Forgotten Sisters is also Pelayo's first book in the series to be with a major publisher-- Thomas & Mercer. So this one will have even bigger buzz and distribution. But good news, it is also the best in the series so far-- and I have loved all of them. Click here and here for my reviews of the first two titles.
Draft Review: Early in Pelayo’s novel Anna remarks, to the listeners of her podcast about the haunted history of Chicago, that all good ghost stories are based in fact. Anna knows this all too well as she and her sister Jennie live alone in a meticulously maintained, but clearly haunted, historic home on the banks of the Chicago River. The same river that took the lives of their parents in a tragic accident, the same river where the bodies of missing young men have been turning up with alarming frequency, but also the same river that has been her comfort since childhood, alongside her Gradmother’s copy of the Little Mermaid fairy tale. But as Anna struggles to keep the house and its ghosts happy and watch after her sister, who is suffering from troubling spells and wanders the banks of the river each night, detectives also come knocking with questions about the bodies, Jennie, and Anna’s new boyfriend. Overflowing with as much love as anguish, as much hope as death, a compelling mystery told with gorgeous prose that mimics the rhythmic flow of the river itself and sympathetic, complicated characters that feel as if they will materialize off the page, this is a haunted house story unlike any readers have encountered, one that will strike fear, while it also eulogizes the ghosts of a city, no longer to be forgotten.
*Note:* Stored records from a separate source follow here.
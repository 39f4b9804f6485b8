-- ===== src/Registry/World/Removal.antt =====
-- `Registry::remove` of src/registry.rs, branch by branch.
use tei_manager.Base.{
  ◌≡◌, ◌≢◌, inl, inr, String, false, Option, none, some, [], ◌∷◌, ◌++◌, arith, Result, ok, err,
  Option-cases, str_eq_iff,
}
use tei_manager.Base.Dict.{lookup, erase, lookup-erase}
use tei_manager.Instance.{TeiInstance, ProcessManager, Lawful, InstanceStatus, is_running}
use tei_manager.Instance
use tei_manager.Instance.Lifecycle.{stop-Stopped}
use tei_manager.Registry.{RegistryError, not_found, InstanceEvent, take_out, get}
use tei_manager.Registry.World.{World, remove}

module _ {P : Type 0} (pm : ProcessManager P) where
  -- An unknown name changes nothing. A known one is taken out whatever its process does; the event
  -- is sent, and the instance stopped without a process, unless the process manager refuses.
  abbrev pub Removed :
      String → Option TeiInstance → World P → Result RegistryError (Unit {0}) × World P → Type 0
  Removed name none w res = res ≡ (err (not_found name), w)
  Removed name (some i) w (ok _, w') =
      (w'.registry ≡ record w.registry {
        instances = erase name w.registry.instances;
        events = w.registry.events ++ InstanceEvent.removed name ∷ [];
      })
      × ((w'.runtime.cells i.cell).status ≡ InstanceStatus.stopped)
      × (is_running pm i w'.runtime ≡ false)
  Removed name (some i) w (err e, w') =
      (w'.registry ≡ record w.registry { instances = erase name w.registry.instances })
      × ((w'.runtime.cells i.cell).status ≡ InstanceStatus.stopping)
      × (e ≢ not_found name)

module _ {P : Type 0} (pm : ProcessManager P) (laws : Lawful pm) where
  -- With a lawful process manager, `remove` of an unknown name changes nothing. Else the entry
  -- is erased, also where the process cannot be stopped; on success the instance is stopped,
  -- not running, and a removal event is sent, and on a failure it is left stopping and no
  -- event is sent.
  pub remove-Removed :
      (name : String) (w : World P) → Removed pm name (get name w.registry) w (remove pm name w)
  unfolding remove take_out get
  remove-Removed name w = elim (Option-cases (lookup name w.registry.instances)) [
    | inl e ↦ rw e (ground arith)
    | inr (i, e) ↦ rw e (ground (arith, stop-Stopped pm laws i w.runtime))
  ]

  -- A removal that succeeds stopped the instance, and the name is free.
  pub remove_stops :
      (name : String) (w : World P) (i : TeiInstance)
      → get name w.registry ≡ some i
      → (remove pm name w).0 ≡ ok tt
      → ((Instance.stop pm i w.runtime).0 ≡ ok tt)
        × ((remove pm name w).1.runtime ≡ (Instance.stop pm i w.runtime).1)
        × (get name (remove pm name w).1.registry ≡ none)
  unfolding remove take_out get
  remove_stops name w i known done =
      ground (arith, known, done, lookup-erase name name w.registry.instances, str_eq_iff name name)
Verdict: Marked by its pervasive unease and riveting storyline, Pelayo has given readers another can’t miss entry in her Chicago Saga. For fans of ghost stories that mine memory, fairy tales, and/or mystery resulting in immersive, heartbreakingly beautiful stories such as those written by Simone St. James, Jennifer McMahon, and Helen Oyoyemi.
Today, I am giving away the ARC I read for review. This is a VERY early ARC. I got it in June at ALA Annual.
Good luck!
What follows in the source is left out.